Look through the entries below and extract exactly the lines from the one containing "unfolding clear_cart_items" through the one containing "let (sub, tot, is_sub, is_tot, kf, idf, is_saved, m3)", ends included.

▶ **INPUT DATA**
────────────────────────────────────────
-- ===== src/Checkout/Service/Placing.antt =====
-- src/modules/checkout/checkout.service.ts: the transaction of a checkout and the tables.
use tri_ad_backend.Base.{
  ℕ, ◌≡◌, ◌≢◌, refl, ap, ◌∙◌, false, Option, List, [], ◌∷◌, ◌++◌, map, arith, inl, inr,
}
use tri_ad_backend.Shared.Money.{Money}
use tri_ad_backend.Shared.Text.{Unicode}
use tri_ad_backend.Shared.Errors.{Result, ok, Result-cases}
use tri_ad_backend.Orders.Order.{Order, Pricing, subtotal, total, apply_pricing}
use tri_ad_backend.Orders.Lifecycle.{place}
use tri_ad_backend.Checkout.Db.{Db, ProductRow, CartRow, lift, locked_rows, ◌>>=◌, ◌>>◌, >>=-eq-ok}
use tri_ad_backend.Checkout.Stock.{check_items, reserve_stock}
use tri_ad_backend.Checkout.Stock.Reservation.{IsKeyed, sell, sale_events, reserve_stock_lem}
use tri_ad_backend.Checkout.Pricing.{Doubles, calculate_pricing}
use tri_ad_backend.Checkout.Pricing.Keeps.{SameButDiscounts, calculate_pricing-keeps}
use tri_ad_backend.Checkout.Pricing.Usage.{Redeemed, calculate_pricing-Redeemed}
use tri_ad_backend.Checkout.Save.{
  key_taken, id_taken, event_rows, pulled, save_new_order, other_carts, clear_cart_items,
}
use tri_ad_backend.Checkout.Service.{
  User, CheckoutInput, Attempt, check_expected, build_order, price_order, store_order, place_order,
}

module _ {D : Type 0} where
  -- A successful `saveNewOrder`: neither the key nor the identity was taken, and the tables have the
  -- order, at its subtotal and total, and its events.
  pub save_new_order_lem :
      (o saved : Order) (key : Option ℕ) (db db' : Db D)
      → save_new_order o key db ≡ (ok saved, db')
      → (sub tot : Money) × (subtotal o ≡ ok sub)
        × (total o ≡ ok tot)
        × (key_taken o.user_id key db.orders ≡ false)
        × (id_taken o db.orders ≡ false)
        × (saved ≡ pulled o)
        × (db' ≡ record db {
          orders =
              db.orders
              ++ record {
                order = pulled o;
                subtotal = sub.amount;
                total = tot.amount;
                idempotency_key = key;
              }
                ∷ [];
          outbox = db.outbox ++ event_rows 0 o.domain_events;
        })
  unfolding save_new_order
  save_new_order_lem o saved key db db' h = elim (Result-cases (subtotal o)) [
    | inr (x, e) ↦ absurd (ground arith)
    | inl (sub, e) ↦ elim (Result-cases (total o)) [
      | inr (x, f) ↦ absurd (ground arith)
      | inl (tot, f) ↦ (sub, tot, e, f, ground arith, ground arith, ground arith, ground arith)
    ]
  ]

module _ (u : Unicode) (d : Doubles) where
  open d use {Double}

  -- What pricing and placing an order has done, from some tables to others: the pricing is that of
  -- the order's subtotal, with the use of its discount counted.
  pub record Prices (input : CheckoutInput) (a : Attempt Double) (filled placed : Order)
      (db db' : Db Double) : Type 0 where
    pub base : Money
    pub priced : Order
    pub pricing : Pricing
    pub is_base : subtotal filled ≡ ok base
    pub calculated :
        calculate_pricing d a.enabled a.now base input.discount_code db ≡ (ok pricing, db')
    pub redeemed :
        Redeemed a.enabled a.now base.amount input.discount_code db.discounts db'.discounts
    pub applied : apply_pricing pricing filled ≡ ok priced
    pub expected : check_expected input.expected_total priced ≡ ok tt
    pub placing : place priced ≡ ok placed

  price_order_lem :
      (input : CheckoutInput) (a : Attempt Double) (filled placed : Order) (db db' : Db Double)
      → price_order u d input a filled db ≡ (ok placed, db')
      → Prices input a filled placed db db' × SameButDiscounts db db'
  unfolding price_order
  price_order_lem input a filled placed db db' h = elim (Result-cases (subtotal filled)) [
    | inr (x, e) ↦ absurd (ground arith)
    | inl (sub, e) ↦
        let priced_at = calculate_pricing d a.enabled a.now sub input.discount_code in
        elim (Result-cases (priced_at db).0) [
          | inr (x, f) ↦ absurd (ground arith)
          | inl (pricing, f) ↦ elim (Result-cases (apply_pricing pricing filled)) [
            | inr (x, g) ↦ absurd (ground arith)
            | inl (priced, g) ↦
                let final : db' ≡ (priced_at db).1 = ground arith in
                let at : priced_at db ≡ (ok pricing, db') = ground arith in
                (
                  record {
                    base = sub;
                    priced = priced;
                    pricing = pricing;
                    is_base = e;
                    calculated = at;
                    redeemed =
                        calculate_pricing-Redeemed d a.enabled a.now sub input.discount_code db db'
                          pricing at;
                    applied = g;
                    expected = ground arith;
                    placing = ground arith;
                  },
                  rw final (calculate_pricing-keeps d a.enabled a.now sub input.discount_code db),
                )
          ]
        ]
  ]

  -- What the commit of `place_order` has done.
  pub record Placement (input : CheckoutInput) (user_id : ℕ) (user : User) (cart : ℕ)
      (items : List CartRow) (a : Attempt Double) (saved : Order) (db db' : Db Double)
      : Type 0 where
    pub locked : List ProductRow
    pub filled : Order
    pub placed : Order
    pub sub : Money
    pub tot : Money
    pub some_items : items ≢ []
    pub rows : locked ≡ locked_rows (map (λ (i : CartRow). i.product_id) items) db.products
    pub built : build_order u d input user_id user items a locked ≡ ok filled
    pub after_price : Db Double
    pub prices :
        Prices input a filled placed
          (record db {
            products = sell items db.products;
            outbox = db.outbox ++ sale_events locked items;
          })
          after_price
    pub is_saved : saved ≡ pulled placed
    pub is_subtotal : subtotal placed ≡ ok sub
    pub is_total : total placed ≡ ok tot
    pub key_free : key_taken placed.user_id input.idempotency_key db.orders ≡ false
    pub id_free : id_taken placed db.orders ≡ false
    pub sold : db'.products ≡ sell items db.products
    pub discounted : db'.discounts ≡ after_price.discounts
    pub cleared : db'.cart_items ≡ other_carts cart db.cart_items
    pub stored :
        db'.orders
        ≡ db.orders
          ++ record {
            order = saved;
            subtotal = sub.amount;
            total = tot.amount;
            idempotency_key = input.idempotency_key;
          }
            ∷ []
    pub published :
        db'.outbox ≡ (db.outbox ++ sale_events locked items) ++ event_rows 0 placed.domain_events

  assemble :
      (input : CheckoutInput) (user_id : ℕ) (user : User) (cart : ℕ) (items : List CartRow)
      (a : Attempt Double) (locked : List ProductRow) (filled placed s saved : Order)
      (db db1 db2 db3 db4 db' : Db Double)
      → (items ≢ [])
        × (locked ≡ locked_rows (map (λ (i : CartRow). i.product_id) items) db.products)
        × (check_items locked items ≡ ok tt)
        × (db1 ≡ record db {
          products = sell items db.products;
          outbox = db.outbox ++ sale_events locked items;
        })
      → lift (build_order u d input user_id user items a locked) db1 ≡ (ok filled, db2)
      → price_order u d input a filled db2 ≡ (ok placed, db3)
      → save_new_order placed input.idempotency_key db3 ≡ (ok s, db4)
      → (clear_cart_items cart
            >> (λ (db : Db Double). (let r : Result Order × Db Double = (ok s, db) in r)))
          db4
        ≡ (ok saved, db')
      → Placement input user_id user cart items a saved db db'
  unfolding clear_cart_items
  assemble input user_id user cart items a locked filled placed s saved db db1 db2 db3 db4 db'
        (some_items, rows, checked, m1) e2 e3 e4 h4 =
      let (prices, keeps) = price_order_lem input a filled placed db2 db3 e3 in
      let (sub, tot, is_sub, is_tot, kf, idf, is_saved, m3) =
        save_new_order_lem placed s input.idempotency_key db3 db4 e4 in
      let untouched : db2 ≡ db1 = cc in
      let same_saved : saved ≡ s = ground arith in
      let emptied : db' ≡ record db4 { cart_items = other_carts cart db4.cart_items } =
        ground arith in
      let orders_eq : db3.orders ≡ db.orders =
        keeps.same_orders ∙ ap (λ (x : Db Double). x.orders) (untouched ∙ m1) in
      record {
        locked = locked;
        filled = filled;
        placed = placed;
        sub = sub;
        tot = tot;
        some_items = some_items;
        rows = rows;
        built = cc e2;
        after_price = db3;
        prices = rw (← (untouched ∙ m1)) prices;
        is_saved = same_saved ∙ is_saved;
        is_subtotal = is_sub;
        is_total = is_tot;
        key_free = rw (← orders_eq) kf;
        id_free = rw (← orders_eq) idf;
        sold = rw (emptied, m3, keeps.same_products, untouched, m1) refl;
        discounted = rw (emptied, m3) refl;
        cleared = rw (emptied, m3, keeps.same_cart_items, untouched, m1) refl;
        stored = rw (emptied, m3, orders_eq, same_saved, is_saved) refl;
        published = rw (emptied, m3, keeps.same_outbox, untouched, m1) refl;
      }

  -- A transaction of a checkout that returns an order, from keyed products, was made for a non-empty
  -- cart. The order was built from the cart, and priced by `calculate_pricing` at its subtotal, on
  -- the discounts of the tables; if the discounts are enabled, a code that it has names an active,
  -- unexpired discount with a use left and a minimum that the subtotal reaches, and this discount
  -- has one use more, and otherwise no discount has changed; the order was checked against the
  -- expected total and placed. The transaction has sold exactly the cart's items, emptied the cart,
  -- appended the order at its subtotal and total under a free key and identity, and appended the
  -- events of the sale and of the order to the outbox.
  pub place_order_lem :
      (input : CheckoutInput) (user_id : ℕ) (user : User) (cart : ℕ) (items : List CartRow)
      (a : Attempt Double) (saved : Order) (db db' : Db Double)
      → IsKeyed db.products
      → place_order u d input user_id user cart items a db ≡ (ok saved, db')
      → Placement input user_id user cart items a saved db db'
  unfolding place_order store_order clear_cart_items
  place_order_lem input user_id user cart items a saved db db' k h =
      let (locked, db1, e1, h1) =
        >>=-eq-ok (reserve_stock items)
          (λ locked. do
            filled ← lift (build_order u d input user_id user items a locked)
            placed ← price_order u d input a filled
            store_order u d input cart placed)
          db db' h in
      let (filled, db2, e2, h2) =
        >>=-eq-ok (lift (build_order u d input user_id user items a locked))
          (λ filled. do placed ← price_order u d input a filled; store_order u d input cart placed)
          db1 db' h1 in
      let (placed, db3, e3, h3) =
        >>=-eq-ok (price_order u d input a filled) (λ placed. store_order u d input cart placed) db2
          db' h2 in
      let (s, db4, e4, h4) =
        >>=-eq-ok (save_new_order placed input.idempotency_key)
          (λ (saved : Order). do
            clear_cart_items cart
            λ (db : Db Double). (let r : Result Order × Db Double = (ok saved, db) in r))
          db3 db' h3 in
      assemble input user_id user cart items a locked filled placed s saved db db1 db2 db3 db4 db'
        (reserve_stock_lem items locked db db1 k e1) e2 e3 e4 h4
────────────────────────────────────────
▶ **YOUR SOLUTION**
  unfolding clear_cart_items
  assemble input user_id user cart items a locked filled placed s saved db db1 db2 db3 db4 db'
        (some_items, rows, checked, m1) e2 e3 e4 h4 =
      let (prices, keeps) = price_order_lem input a filled placed db2 db3 e3 in
      let (sub, tot, is_sub, is_tot, kf, idf, is_saved, m3) =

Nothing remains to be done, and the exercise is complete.